[Task details] Set down all the entries again, word for word.

[Stored items]
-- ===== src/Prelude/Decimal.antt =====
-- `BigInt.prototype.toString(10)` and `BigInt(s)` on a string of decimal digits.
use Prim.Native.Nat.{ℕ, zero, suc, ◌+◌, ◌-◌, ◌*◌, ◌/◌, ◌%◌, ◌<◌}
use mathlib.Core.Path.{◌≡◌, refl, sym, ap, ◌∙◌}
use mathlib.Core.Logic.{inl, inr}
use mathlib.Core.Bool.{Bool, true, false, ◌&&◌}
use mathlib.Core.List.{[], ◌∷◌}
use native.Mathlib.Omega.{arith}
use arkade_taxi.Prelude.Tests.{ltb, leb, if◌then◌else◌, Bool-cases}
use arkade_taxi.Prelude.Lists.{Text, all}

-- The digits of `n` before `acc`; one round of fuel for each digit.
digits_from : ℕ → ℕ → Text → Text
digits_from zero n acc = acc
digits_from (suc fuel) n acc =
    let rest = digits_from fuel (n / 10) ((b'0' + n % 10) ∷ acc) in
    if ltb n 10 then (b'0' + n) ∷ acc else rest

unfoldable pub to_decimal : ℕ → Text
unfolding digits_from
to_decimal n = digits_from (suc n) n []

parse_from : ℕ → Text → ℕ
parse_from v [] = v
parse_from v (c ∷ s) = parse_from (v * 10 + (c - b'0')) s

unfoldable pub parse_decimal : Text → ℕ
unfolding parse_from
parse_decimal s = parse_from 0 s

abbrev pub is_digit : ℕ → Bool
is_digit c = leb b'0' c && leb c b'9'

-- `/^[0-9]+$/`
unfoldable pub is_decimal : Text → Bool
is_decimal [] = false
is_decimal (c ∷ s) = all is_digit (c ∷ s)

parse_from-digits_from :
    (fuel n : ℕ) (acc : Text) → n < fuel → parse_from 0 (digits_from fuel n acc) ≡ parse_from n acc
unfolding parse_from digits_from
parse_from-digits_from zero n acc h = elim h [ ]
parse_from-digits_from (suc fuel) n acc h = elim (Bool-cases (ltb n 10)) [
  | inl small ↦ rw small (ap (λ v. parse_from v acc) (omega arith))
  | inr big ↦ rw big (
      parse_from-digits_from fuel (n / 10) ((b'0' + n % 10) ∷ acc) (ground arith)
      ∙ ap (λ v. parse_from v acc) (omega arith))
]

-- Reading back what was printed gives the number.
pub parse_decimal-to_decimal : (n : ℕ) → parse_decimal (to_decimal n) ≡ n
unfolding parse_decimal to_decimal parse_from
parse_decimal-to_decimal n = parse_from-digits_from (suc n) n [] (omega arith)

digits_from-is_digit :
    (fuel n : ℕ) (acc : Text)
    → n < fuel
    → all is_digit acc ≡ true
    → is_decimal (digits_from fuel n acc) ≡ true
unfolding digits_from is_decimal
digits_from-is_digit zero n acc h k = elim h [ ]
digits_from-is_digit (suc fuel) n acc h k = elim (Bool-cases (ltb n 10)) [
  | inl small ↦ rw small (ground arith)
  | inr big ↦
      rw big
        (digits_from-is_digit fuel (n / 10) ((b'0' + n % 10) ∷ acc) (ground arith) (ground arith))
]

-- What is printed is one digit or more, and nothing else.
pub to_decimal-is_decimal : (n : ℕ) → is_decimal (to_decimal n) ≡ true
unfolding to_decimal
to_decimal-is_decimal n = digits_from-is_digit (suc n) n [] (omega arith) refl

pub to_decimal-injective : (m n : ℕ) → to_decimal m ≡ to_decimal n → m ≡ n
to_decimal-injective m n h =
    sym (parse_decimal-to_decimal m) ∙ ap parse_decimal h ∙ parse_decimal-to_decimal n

[Answer for the task]
-- ===== src/Prelude/Decimal.antt =====
-- `BigInt.prototype.toString(10)` and `BigInt(s)` on a string of decimal digits.
use Prim.Native.Nat.{ℕ, zero, suc, ◌+◌, ◌-◌, ◌*◌, ◌/◌, ◌%◌, ◌<◌}
use mathlib.Core.Path.{◌≡◌, refl, sym, ap, ◌∙◌}
use mathlib.Core.Logic.{inl, inr}
use mathlib.Core.Bool.{Bool, true, false, ◌&&◌}
use mathlib.Core.List.{[], ◌∷◌}
use native.Mathlib.Omega.{arith}
use arkade_taxi.Prelude.Tests.{ltb, leb, if◌then◌else◌, Bool-cases}
use arkade_taxi.Prelude.Lists.{Text, all}

-- The digits of `n` before `acc`; one round of fuel for each digit.
digits_from : ℕ → ℕ → Text → Text
digits_from zero n acc = acc
digits_from (suc fuel) n acc =
    let rest = digits_from fuel (n / 10) ((b'0' + n % 10) ∷ acc) in
    if ltb n 10 then (b'0' + n) ∷ acc else rest

unfoldable pub to_decimal : ℕ → Text
unfolding digits_from
to_decimal n = digits_from (suc n) n []

parse_from : ℕ → Text → ℕ
parse_from v [] = v
parse_from v (c ∷ s) = parse_from (v * 10 + (c - b'0')) s

unfoldable pub parse_decimal : Text → ℕ
unfolding parse_from
parse_decimal s = parse_from 0 s

abbrev pub is_digit : ℕ → Bool
is_digit c = leb b'0' c && leb c b'9'

-- `/^[0-9]+$/`
unfoldable pub is_decimal : Text → Bool
is_decimal [] = false
is_decimal (c ∷ s) = all is_digit (c ∷ s)

parse_from-digits_from :
    (fuel n : ℕ) (acc : Text) → n < fuel → parse_from 0 (digits_from fuel n acc) ≡ parse_from n acc
unfolding parse_from digits_from
parse_from-digits_from zero n acc h = elim h [ ]
parse_from-digits_from (suc fuel) n acc h = elim (Bool-cases (ltb n 10)) [
  | inl small ↦ rw small (ap (λ v. parse_from v acc) (omega arith))
  | inr big ↦ rw big (
      parse_from-digits_from fuel (n / 10) ((b'0' + n % 10) ∷ acc) (ground arith)
      ∙ ap (λ v. parse_from v acc) (omega arith))
]

-- Reading back what was printed gives the number.
pub parse_decimal-to_decimal : (n : ℕ) → parse_decimal (to_decimal n) ≡ n
unfolding parse_decimal to_decimal parse_from
parse_decimal-to_decimal n = parse_from-digits_from (suc n) n [] (omega arith)

digits_from-is_digit :
    (fuel n : ℕ) (acc : Text)
    → n < fuel
    → all is_digit acc ≡ true
    → is_decimal (digits_from fuel n acc) ≡ true
unfolding digits_from is_decimal
digits_from-is_digit zero n acc h k = elim h [ ]
digits_from-is_digit (suc fuel) n acc h k = elim (Bool-cases (ltb n 10)) [
  | inl small ↦ rw small (ground arith)
  | inr big ↦
      rw big
        (digits_from-is_digit fuel (n / 10) ((b'0' + n % 10) ∷ acc) (ground arith) (ground arith))
]

-- What is printed is one digit or more, and nothing else.
pub to_decimal-is_decimal : (n : ℕ) → is_decimal (to_decimal n) ≡ true
unfolding to_decimal
to_decimal-is_decimal n = digits_from-is_digit (suc n) n [] (omega arith) refl

pub to_decimal-injective : (m n : ℕ) → to_decimal m ≡ to_decimal n → m ≡ n
to_decimal-injective m n h =
    sym (parse_decimal-to_decimal m) ∙ ap parse_decimal h ∙ parse_decimal-to_decimal n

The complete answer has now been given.